Check every line of the data below for the word "unfolding". Copy the ones that have it.
[[ SOURCE MATERIAL, beginning ]]
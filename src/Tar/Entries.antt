-- ===== src/Tar/Entries.antt =====
-- src/kernel/tar.c: the walks over the archive find its entries.
use mathlib.Core.Option
use zoho_os.Prelude.{
  ℕ, zero, suc, ◌+◌, ◌^◌, ◌≤◌, ◌<◌, ◌≡◌, ◌≢◌, refl, ap, sym, ◌∙◌, subst, List, [], ◌∷◌, Option,
  none, some, arith, if◌then◌else◌, get_elem?, Bool-cases, inl, inr, dec_lt, ℕ_discrete, length,
}
use zoho_os.Tar.{
  Sector, Disk, Archive, word32, cached_read_sector, header_size, same_name, next_lba, find_from,
  tar_find_file, index_from, tar_get_file_by_index,
}
use zoho_os.Tar.Cache.{IsCoherent, SameBut, read-IsCoherent}

-- Where the header after the one at `lba` would be.
abbrev pub after : Disk → ℕ → ℕ
after disk lba = next_lba lba (header_size (disk lba))

-- The sectors of the headers from `lba` on: up to an empty name, or to the first header after
-- which the archive would go on more than 20000 sectors behind its start.
pub data Headers (disk : Disk) (start : ℕ) : ℕ → List ℕ → Type 0 where
  end : {lba : ℕ} → disk lba 0 ≡ 0 → Headers disk start lba []
  last :
      {lba : ℕ}
      → disk lba 0 ≢ 0
      → word32 (start + 20000) < after disk lba
      → Headers disk start lba (lba ∷ [])
  more :
      {lba : ℕ} {ls : List ℕ}
      → disk lba 0 ≢ 0
      → after disk lba ≤ word32 (start + 20000)
      → Headers disk start (after disk lba) ls
      → Headers disk start lba (lba ∷ ls)

advances :
    (lba size : ℕ) → lba < 2 ^ 31 + 20001 → (lba < next_lba lba size) × (next_lba lba size < 2 ^ 32)
unfolding next_lba
advances lba size h = omega arith

-- Every disk has such a list from `lba` on, and a short one.
Headers-exist :
    (left : ℕ) (disk : Disk) (start lba : ℕ)
    → start < 2 ^ 31
    → start + 20000 < lba + left
    → lba ≤ start + 20000
    → (ls : List ℕ) × Headers disk start lba ls × (length ls ≤ left)
Headers-exist zero disk start lba small h low = absurd (omega arith)
Headers-exist (suc left) disk start lba small h low = elim (ℕ_discrete (disk lba 0) 0) [
  | yes stop ↦ ([], end stop, omega arith)
  | no go ↦ elim (dec_lt (word32 (start + 20000)) (after disk lba)) [
    | yes far ↦ (lba ∷ [], last go far, omega arith)
    | no near ↦
        let (up, fits) = advances lba (header_size (disk lba)) (omega arith) in
        let (ls, d, l) =
          Headers-exist left disk start (after disk lba) small (omega arith) (omega arith) in
        (lba ∷ ls, more go (omega arith) d, omega arith)
  ]
]

-- The first header with the name, as `tar_find_file` reports it.
unfoldable pub first_named : Disk → List ℕ → List ℕ → Option (ℕ × ℕ)
first_named disk name [] = none
first_named disk name (l ∷ ls) =
    if same_name (disk l) name
    then some (word32 (l + 1), header_size (disk l))
    else first_named disk name ls

abbrev pub Finds : List ℕ → Archive → Option (Option (ℕ × ℕ) × Archive) → List ℕ → Type 0
Finds name s r ls = (t : Archive) × (r ≡ some (first_named s.disk name ls, t)) × SameBut s t

abbrev pub Indexes : ℕ → Archive → Option (Option Sector × Archive) → List ℕ → Type 0
Indexes i s r ls = (t : Archive) × (r ≡ some (Option.map s.disk (get_elem? ls i), t)) × SameBut s t

SameBut-trans : (s t u : Archive) → SameBut s t → SameBut t u → SameBut s u
SameBut-trans s t u a b = record {
  coherent = b.coherent;
  disk = b.disk ∙ a.disk;
  start = b.start ∙ a.start;
}

-- A read gives the sector of the disk, and what remains to be walked is walked from the new state.
module _ (lba : ℕ) (s : Archive) (disk : Disk) (c : IsCoherent s) (d : disk ≡ s.disk) where
  sector : (cached_read_sector lba s).0 ≡ disk lba
  sector = (read-IsCoherent lba s c).0 ∙ ap (λ (D : Disk). D lba) (sym d)

  same : SameBut s (cached_read_sector lba s).1
  same = (read-IsCoherent lba s c).1

  walk_on :
      (ls : List ℕ)
      → Headers disk s.start_lba (after disk lba) ls
      → Headers disk (cached_read_sector lba s).1.start_lba (after disk lba) ls
  walk_on ls h = subst (λ start. Headers disk start (after disk lba) ls) (sym same.start) h

find_from-Finds :
    (fuel lba : ℕ) (name : List ℕ) (s : Archive) (disk : Disk) (ls : List ℕ)
    → IsCoherent s
    → disk ≡ s.disk
    → Headers disk s.start_lba lba ls
    → length ls < fuel
    → (t : Archive) × (find_from fuel lba name s ≡ some (first_named disk name ls, t)) × SameBut s t
unfolding find_from first_named
find_from-Finds zero lba name s disk ls c d h l = absurd (omega arith)
find_from-Finds (suc fuel) lba name s disk ls c d (end e) l = (
  (cached_read_sector lba s).1,
  rw (sector lba s disk c d) (ground (arith, e)),
  same lba s disk c d,
)
find_from-Finds (suc fuel) lba name s disk ls c d (last ne far) l = (
  (cached_read_sector lba s).1,
  rw (sector lba s disk c d) (ground (arith, ne, far)),
  same lba s disk c d,
)
find_from-Finds (suc fuel) lba name s disk ls c d (more {ls = ls'} ne near rest) l =
    let s' = (cached_read_sector lba s).1 in
    let b = same lba s disk c d in
    elim (Bool-cases (same_name (disk lba) name)) [
      | inl hit ↦ (s', rw (sector lba s disk c d) (ground (arith, ne, hit)), b)
      | inr miss ↦
          let (t, e, u) =
            find_from-Finds fuel (after disk lba) name s' disk ls' b.coherent (d ∙ sym b.disk)
              (walk_on lba s disk c d ls' rest) (omega arith) in
          (
            t,
            rw (sector lba s disk c d) (ground (arith, ne, miss, near, e)),
            SameBut-trans s s' t b u,
          )
    ]

index_from-Headers :
    (fuel lba k index : ℕ) (s : Archive) (disk : Disk) (ls : List ℕ)
    → IsCoherent s
    → disk ≡ s.disk
    → Headers disk s.start_lba lba ls
    → length ls < fuel
    → (t : Archive) × (index_from fuel lba k (k + index) s
        ≡ some (Option.map disk (get_elem? ls index), t))
      × SameBut s t
unfolding index_from
index_from-Headers zero lba k index s disk ls c d h l = absurd (omega arith)
index_from-Headers (suc fuel) lba k index s disk ls c d (end e) l = (
  (cached_read_sector lba s).1,
  rw (sector lba s disk c d) (ground (arith, e)),
  same lba s disk c d,
)
index_from-Headers (suc fuel) lba k zero s disk ls c d (last ne far) l = (
  (cached_read_sector lba s).1,
  rw (sector lba s disk c d) (ground (arith, ne, far)),
  same lba s disk c d,
)
index_from-Headers (suc fuel) lba k (suc index) s disk ls c d (last ne far) l = (
  (cached_read_sector lba s).1,
  rw (sector lba s disk c d) (ground (arith, ne, far)),
  same lba s disk c d,
)
index_from-Headers (suc fuel) lba k zero s disk ls c d (more {ls = ls'} ne near rest) l = (
  (cached_read_sector lba s).1,
  rw (sector lba s disk c d) (ground (arith, ne)),
  same lba s disk c d,
)
index_from-Headers (suc fuel) lba k (suc index) s disk ls c d (more {ls = ls'} ne near rest) l =
    let s' = (cached_read_sector lba s).1 in
    let b = same lba s disk c d in
    let (t, e, u) =
      index_from-Headers fuel (after disk lba) (k + 1) index s' disk ls' b.coherent (d ∙ sym b.disk)
        (walk_on lba s disk c d ls' rest) (omega arith) in
    let i : k + 1 + index ≡ k + suc index = omega arith in
    (t, rw (sector lba s disk c d) (ground (arith, ne, near, rw i at e)), SameBut-trans s s' t b u)

-- On a coherent cache, for an archive in the first half of the sectors, there is a list of headers
-- such that the two walks end in 20002 rounds, `tar_find_file` with the first header that has the
-- name and `tar_get_file_by_index` with the header at the index, and neither changes the disk.
pub walks_found :
    (fuel : ℕ) (s : Archive)
    → IsCoherent s
    → s.start_lba < 2 ^ 31
    → 20001 < fuel
    → (ls : List ℕ) × Headers s.disk s.start_lba s.start_lba ls
      × ((name : List ℕ) → Finds name s (tar_find_file fuel name s) ls)
      × ((i : ℕ) → Indexes i s (tar_get_file_by_index fuel i s) ls)
unfolding tar_find_file tar_get_file_by_index
walks_found fuel s c small enough =
    let (ls, h, l) =
      Headers-exist 20001 s.disk s.start_lba s.start_lba small (omega arith) (omega arith) in
    (
      ls,
      h,
      (λ name. find_from-Finds fuel s.start_lba name s s.disk ls c refl h (omega arith)),
      λ i.
          subst (λ j. Indexes i s (index_from fuel s.start_lba 0 j s) ls) (omega arith)
            (index_from-Headers fuel s.start_lba 0 i s s.disk ls c refl h (omega arith)),
    )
[[ SOURCE MATERIAL, end ]]
### TASK ANSWER
unfolding next_lba
unfolding find_from first_named
unfolding index_from
unfolding tar_find_file tar_get_file_by_index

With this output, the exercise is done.